We discussed that the more general historical backdrop for thermodynamics was the Industrial Revolution. Its development of engines and interest in their efficiency went hand in hand with the development of thermodynamics.
We started to consider the two different views of the same phenomenon: Thermodynamics (the Big View) and Statistical Mechanics (the Small View). The apprearance of "statistical" in the latter suggested it would involve averages, standard deviations, distributions, samples, and other ideas from statistics.
We returned to the consideration of Thermodynamics versus Statistical Mechanics. We introdcued the concept of "state". A "state" is determined by a collection of variables that characterize a system and the "state" is independent of how it was achieved. The state does not depend on the path taken to reach that state. We gave as a counterexample the concept that the frictional force is always against the direction of one's motion, the amount of friction can depend on the "path".
Next we offered up some example of macroscopic variables such as those involved in the (Ideal) Gas Law: Pressure, Volume, Temperature. And we distinguished them from microscopic variables, for instance, the positions, velocities, and accelerations of individual molecules. While it is true that our statistical approach to the latter (microscopic) often end up with the former (macroscopic), the latter approach does go toward explaining the former.
The ideas above led us to the concept of macrostate versus microstate. We took as an example here flipping coins -- the number of heads could be an example of a macroscopic variable whereas noting whether the indivdual coins were heads or tails would be the microstate.

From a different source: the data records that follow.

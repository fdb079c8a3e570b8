-- ===== src/Scan/Launch.antt =====
-- Starting and killing a scan job: `CeleryBasedScanJobRunner.run` (quipucords/scanner/job.py),
-- `CeleryScanManager` (quipucords/scanner/manager.py) and the signal handlers
-- (quipucords/api/signal/scanjob_signal.py). What Celery is asked to run is a value.
pub mod Groups
pub mod Plans
pub mod Kills
pub mod Queued
use quipucords.Prelude.{
  ℕ, String, Bool, true, false, ◌&&◌, ◌||◌, Option, none, some, List, [], ◌∷◌, ◌++◌, ◌==◌, nat_eq,
  if◌then◌else◌, select, ltb, map,
}
use quipucords.Prelude.Dict.{Dict, lookup, insert, values}
use quipucords.Scan.Status.{
  running, pending, canceled, status_eq, ScanType, inspect, fingerprint, type_eq, not_started,
}
use quipucords.Scan.Handle.{fetch}
use quipucords.Scan.Task.{Task}
use quipucords.Scan.Job
use quipucords.Scan.Job.{Job, JobState}
use quipucords.Scan.World.{World, on_job}
use quipucords.Scan.World.{Outcome, ok, raised}

-- `celery_run_task_runner.si(...)`
pub record Signature : Type 0 where
  pub scan_task_id : ℕ
  pub source_type : String
  pub scan_type : ScanType

-- What `run` asks Celery for: a group of chains, one for each source, then the fingerprint task, if
-- there is one, and then the final task.
pub record Plan : Type 0 where
  pub chains : List (List Signature)
  pub fingerprint_id : Option ℕ
  pub finalize_id : ℕ

-- `status__in=[ScanTask.RUNNING, ScanTask.PENDING]`
abbrev pub is_incomplete : ScanType → Task → Bool
is_incomplete ty t = (t.status == running || t.status == pending) && t.scan_type == ty

-- `order_by("source_id", "sequence_number")`, with tasks without a source last.
abbrev source_before : Option ℕ → Option ℕ → Bool
source_before none none = false
source_before none (some b) = false
source_before (some a) none = true
source_before (some a) (some b) = ltb a b

abbrev same_source : Option ℕ → Option ℕ → Bool
same_source none none = true
same_source (some a) (some b) = a == b
same_source _ _ = false

abbrev pub is_before : Task → Task → Bool
is_before a b =
    source_before a.source b.source
    || same_source a.source b.source && ltb a.sequence_number b.sequence_number

abbrev pub place : Task → List Task → List Task
place t [] = t ∷ []
place t (u ∷ us) = if is_before u t then u ∷ place t us else t ∷ u ∷ us

abbrev pub in_order : List Task → List Task
in_order [] = []
in_order (t ∷ ts) = place t (in_order ts)

abbrev pub or_nil : Option (List Signature) → List Signature
or_nil none = []
or_nil (some xs) = xs

-- One round of the loop that groups the tasks by source: `defaultdict(list)`, then `append`.
abbrev pub add_signature :
    (ℕ → String) → ℕ → Task → Dict ℕ (List Signature) → Dict ℕ (List Signature)
add_signature source_type s t d =
    let signature : Signature = record {
      scan_task_id = t.id;
      source_type = source_type s;
      scan_type = t.scan_type;
    } in
    insert s (or_nil (lookup s d) ++ (signature ∷ [])) d

-- The loop; `scan_task.source.source_type` fails for a task whose source has been deleted.
unfoldable pub signatures_by_source :
    (ℕ → String) → List Task → Dict ℕ (List Signature) → Outcome (Dict ℕ (List Signature))
signatures_by_source source_type [] d = ok d
signatures_by_source source_type (t ∷ ts) d = elim t.source [
  | none ↦ raised "AttributeError"
  | some s ↦ signatures_by_source source_type ts (add_signature source_type s t d)
]

abbrev pub first_id : List Task → Option ℕ
first_id [] = none
first_id (t ∷ ts) = some t.id

abbrev pub made_plan : Job → List Task → Outcome (Dict ℕ (List Signature)) → Outcome Plan
made_plan j tasks (raised e) = raised e
made_plan j tasks (ok groups) = ok (record {
  chains = values groups;
  fingerprint_id = first_id (select (is_incomplete fingerprint) tasks);
  finalize_id = j.id;
})

unfoldable pub plan : (ℕ → String) → Job → List Task → Outcome Plan
unfolding signatures_by_source
plan source_type j tasks =
    made_plan j tasks
      (signatures_by_source source_type (in_order (select (is_incomplete inspect) tasks)) [])

abbrev some_plan : Outcome Plan → Outcome (Option Plan)
some_plan (ok p) = ok (some p)
some_plan (raised e) = raised e

-- `CeleryBasedScanJobRunner.run`: the plan that Celery is given, or `None` for a job that cannot be
-- started.
unfoldable pub run_job : (ℕ → String) → ℕ → Job → World → Outcome (Option Plan) × World
unfolding plan on_job Job.status_start Job.status_fail
run_job source_type now j w =
    let state : JobState = record { job = record { mem = j; row = w.job }; tasks = w.tasks } in
    let (started, success) = Job.status_start now state in
    let w' = record w { job = started.job.row; tasks = started.tasks } in
    let failed = on_job (Job.status_fail now not_started) started.job.mem w' in
    if success
    then (some_plan (plan source_type started.job.mem w'.tasks), w')
    else (ok none, failed.1)

-- `str(celery_task_id)`, where `async_result` is the id that Celery gives to a plan.
abbrev pub id_text : (Plan → String) → Option Plan → String
id_text async_result none = "None"
id_text async_result (some p) = async_result p

abbrev pub store_id :
    (Plan → String) → Outcome (Option Plan) × World → Outcome (Option Plan) × World
store_id async_result (raised e, w) = (raised e, w)
store_id async_result (ok p, w) =
    (ok p, record w { celery_task_id = some (id_text async_result p) })

-- `CeleryScanManager.put`: the job's key in Redis is set, unless `run` raised.
unfoldable pub put :
    (Plan → String) → (ℕ → String) → ℕ → Job → World → Outcome (Option Plan) × World
unfolding run_job
put async_result source_type now j w = store_id async_result (run_job source_type now j w)

abbrev pub revoke : Option String → World → Bool × World
revoke none w = (false, w)
revoke (some celery_task_id) w = (true, record w { revoked = celery_task_id ∷ w.revoked })

-- `CeleryScanManager.kill`. The status that it sets on each task is not saved, and so is left out.
unfoldable pub kill : ℕ → Job → World → Bool × World
unfolding on_job Job.status_cancel
kill now j w = revoke w.celery_task_id (on_job (Job.status_cancel now) j w).1

-- `scan_pause`, `scan_cancel` and `scan_restart`.
pub data Signal : Type 0 where
  pause_scan cancel_scan restart_scan : Signal

unfoldable pub handle_signal : (Plan → String) → (ℕ → String) → ℕ → Signal → Job → World → World
unfolding put kill
handle_signal async_result source_type now pause_scan j w = (kill now j w).1
handle_signal async_result source_type now cancel_scan j w = (kill now j w).1
handle_signal async_result source_type now restart_scan j w =
    (put async_result source_type now j w).1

We see from the table above that there is not a 1-to-1 correspondence between macrostates and microstates. There is often an underlying assumption that the microstates are equally probably -- sometimes that some subset of microstates (maybe those with the same energy) are equally likely. If the microsates are equally likely, then the macrostates cannot be. Another version of entropy is that it is proportional to the Log of the number of microstates. We are beginning to define this "disorder" that gets discussed when we speak of entropy. The Second Law of Thermodynamics becomes that a sytem tends toward a macrostate that corresponds to a large number of microstates (i.e. entropy increases).
With that idea about entropy in mind we looked at the Central Limit Theorem, where under certain conditions sets of independent random variables when examined collectively become a normal distribution (aka Bell Curve, aka Gaussian distribution).
Finally we talked about the Thermodynamic approach coming before the Statistical Mechanics approach since the latter relies on a belief in atoms which only came about gradually. (One exception to this general trend was Bernoulli's derivation of Boyle's Law, see pp. 76-79 in Instant Physics (Rothman). So we asked: How do we know there are atoms? One suggestion was microscopes. Microscopes convey that there is structure smaller than what we see with the naked eye, for instance cells, but microscopes did not get down to the atomic level of resolution until the 1980's (Scanning Tunneling Microscope). A lot of the earlier clues about atoms and chemistry came from gases. Studies showed that there just was not air, but different components -- what we know today as Oxygen, Nitrogen and Carbon Dioxide. These were discovered to have particular masses and combine in specific ratios. We also discussed some of the early work in understanding the structure of atoms, in particular Rutherford's experiments that called into question the "plum pudding model."